Assigned task
From the entries below, pull out each line where "title" appears.

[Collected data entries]
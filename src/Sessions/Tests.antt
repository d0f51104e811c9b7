-- ===== src/Sessions/Tests.antt =====
-- The store on concrete tables.
use globuy.Prelude.{any, ℕ, ◌≤◌, ◌≡◌, refl, Bool, true, false, none, some, [], ◌∷◌, count_if, ◌==◌}
use globuy.Sessions.Schema.{
  Db, Text, Response, thread_created, run_started, cancelling, is_terminal, is_live, iso, from_iso,
  succeeded, failed,
}
use globuy.Sessions.Action.{ok, err, integrity_error, active_thread_changed, run}
use globuy.Sessions.Rows.{
  is_live_run_of, is_active_of, insert_thread, insert_key, insert_run, insert_message,
  insert_result, insert_consolidation, user_exists, stored_response, active_row, thread_row,
  live_run, run_row, consolidation_row, next_ordinal, is_occupied, max_ordinal,
}
use globuy.Sessions.Title.{title, split_from, join}
use globuy.Sessions.Threads.{
  replace_thread, request_thread, replace_active, open_thread, retire, put_away, archive_thread,
}
use globuy.Sessions.Runs.{
  create_run, admit_run, write_run, finish_run, set_run_status, StoreConfig, Outcome, close_run,
  fresh_run, write_outcome, add_answer, consolidate_later,
}
use globuy.Sessions.Sound.{IsSound, is_result_of, is_active_thread, empty-IsSound}
use globuy.Sessions.SoundThreads.{replace_thread-IsSound}
use globuy.Sessions.SoundRuns.{create_run-IsSound, finish_run-IsSound}
use globuy.Sessions.Calls.{
  creates, replaces, finishes, perform, Reach, here, next, Reach-IsSound, one_run_at_a_time,
  error_changes_nothing,
}
use globuy.Sessions.Replay.{create_run_replay, replace_thread_replay}
use globuy.Sessions.Finish.{first_outcome_wins}
use globuy.Sessions.Revival.{revived_run_is_stuck}

abbrev blank : ℕ → Bool
blank c = c == 32

abbrev config : StoreConfig
config = record { memory_run_threshold = 5; memory_idle_seconds = 3600 }

abbrev nobody_active : Db
nobody_active = record {
  users = 1 ∷ [];
  threads = [];
  runs = [];
  results = [];
  messages = [];
  consolidations = [];
  keys = [];
}

-- User 1 opens thread 10.
abbrev opened : Db
opened = (replace_thread 1 none 100 10 5000 nobody_active).1

abbrev asked : Text
asked = 104 ∷ 32 ∷ 105 ∷ []

abbrev answer_7 : Response
answer_7 = run_started 10 7 none 6

-- Run 7 starts in it.
abbrev started : Db
started = (create_run blank 1 10 7 asked 101 50 6 answer_7 opened).1

abbrev won : Outcome
won = record {
  status = succeeded;
  final_text = 111 ∷ [];
  result = none;
  message_id = 51;
  is_partial = false;
  error_code = none;
  error_message = none;
}

abbrev lost : Outcome
lost = record won { status = failed; message_id = 52; error_code = some "LATE" }

-- Run 7 succeeds.
abbrev finished : Db
finished = (finish_run config 10 7 won 9000 started).1

-- A proof that runs the store names this, which opens its operations.
unfoldable code : Db → Db
unfolding replace_thread request_thread replace_active open_thread retire put_away archive_thread
    create_run admit_run write_run finish_run write_outcome add_answer consolidate_later
    set_run_status run insert_thread insert_key insert_run insert_message insert_result
    insert_consolidation user_exists stored_response active_row thread_row live_run run_row
    next_ordinal max_ordinal is_occupied consolidation_row iso from_iso title split_from join
    is_terminal is_live
code db = db

opened-IsSound : IsSound opened
opened-IsSound = replace_thread-IsSound 1 none 100 10 5000 nobody_active (empty-IsSound (1 ∷ []))

started-IsSound : IsSound started
started-IsSound = create_run-IsSound blank 1 10 7 asked 101 50 6 answer_7 opened opened-IsSound

finished-IsSound : IsSound finished
unfolding is_terminal
finished-IsSound = finish_run-IsSound config 10 7 won 9000 started refl started-IsSound

opened_run :
    replace_thread 1 none 100 10 5000 nobody_active ≡ (ok (thread_created 10 5 none none), opened)
unfolding code
opened_run = refl

started_run : create_run blank 1 10 7 asked 101 50 6 answer_7 opened ≡ (ok answer_7, started)
unfolding code
started_run = refl

started_row : run_row 10 7 started ≡ some (fresh_run 7 10 asked 6000)
unfolding code
started_row = refl

finished_row :
    run_row 10 7 finished ≡ some (close_run succeeded none none 9000 (fresh_run 7 10 asked 6000))
unfolding code
finished_row = refl

started_is_live : is_live (fresh_run 7 10 asked 6000).status ≡ true
unfolding is_live
started_is_live = refl

won_ends : is_terminal succeeded ≡ true
unfolding is_terminal
won_ends = refl

fresh_message : any (λ y. y.message_id == 51) started.messages ≡ false
unfolding code
fresh_message = refl

has_result : any (is_result_of 7) finished.results ≡ true
unfolding code
has_result = refl

abbrev reached : Db
reached =
    (perform blank config (creates 1 10 8 asked 102 53 10 answer_7)
      (perform blank config (finishes 10 7 won 9000)
        (perform blank config (creates 1 10 7 asked 101 50 6 answer_7)
          (perform blank config (replaces 1 none 100 10 5000) nobody_active).1).1).1).1

-- Thread 10 is opened, run 7 starts and succeeds, and a second run starts.
calls : Reach blank config nobody_active reached
unfolding is_terminal
calls =
    next (creates 1 10 8 asked 102 53 10 answer_7)
      (next (finishes 10 7 won 9000)
        (next (creates 1 10 7 asked 101 50 6 answer_7) (next (replaces 1 none 100 10 5000) here tt)
          tt)
        refl)
      tt

Reach-IsSound_example : IsSound reached
Reach-IsSound_example = Reach-IsSound blank config (empty-IsSound (1 ∷ [])) calls

one_run_at_a_time_example :
    (count_if (is_active_of 1) reached.threads ≤ 1)
    × (count_if (is_live_run_of 10) reached.runs ≤ 1)
    × (count_if (is_live_run_of 10) reached.runs ≤ count_if (is_active_thread 10) reached.threads)
one_run_at_a_time_example = one_run_at_a_time blank config (1 ∷ []) calls 1 10

-- A client that does not know of thread 10 asks for a new thread.
stale_fails :
    (perform blank config (replaces 1 none 103 11 9500) finished).0
    ≡ err (active_thread_changed (some 10))
unfolding code perform
stale_fails = refl

error_changes_nothing_example :
    (perform blank config (replaces 1 none 103 11 9500) finished).1 ≡ finished
error_changes_nothing_example =
    error_changes_nothing blank config (replaces 1 none 103 11 9500) finished
      (active_thread_changed (some 10)) finished-IsSound stale_fails

create_run_replay_example :
    create_run blank 1 10 8 [] 101 60 7 answer_7 started ≡ (ok answer_7, started)
create_run_replay_example =
    create_run_replay blank 1 101 10 7 asked 50 6 answer_7 opened started_run 10 8 [] 60 7 answer_7

replace_thread_replay_example :
    replace_thread 1 (some 10) 100 11 7000 opened ≡ (ok (thread_created 10 5 none none), opened)
replace_thread_replay_example =
    replace_thread_replay 1 100 none 10 5000 nobody_active opened_run (some 10) 11 7000

first_outcome_wins_example :
    let (got, after) = finish_run config 10 7 won 9000 started in
    (got ≡ ok tt)
    × (run_row 10 7 after ≡ some (close_run succeeded none none 9000 (fresh_run 7 10 asked 6000)))
    × (finish_run config 10 7 lost 9100 after ≡ (ok tt, after))
first_outcome_wins_example =
    first_outcome_wins config 10 7 (fresh_run 7 10 asked 6000) won 9000 started started-IsSound
      started_row started_is_live won_ends fresh_message lost 9100

revived_run_is_stuck_example :
    let (got, mid) = set_run_status 10 7 cancelling none none 9200 finished in
    (got ≡ ok tt)
    × (run_row 10 7 mid
        ≡ some (record (close_run succeeded none none 9000 (fresh_run 7 10 asked 6000)) {
          status = cancelling;
        }))
    × (finish_run config 10 7 lost 9300 mid ≡ (err integrity_error, mid))
revived_run_is_stuck_example =
    revived_run_is_stuck config 10 7
      (close_run succeeded none none 9000 (fresh_run 7 10 asked 6000)) 9200 finished
      finished-IsSound finished_row won_ends has_result lost 9300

Output below
use globuy.Sessions.Title.{title, split_from, join}
    next_ordinal max_ordinal is_occupied consolidation_row iso from_iso title split_from join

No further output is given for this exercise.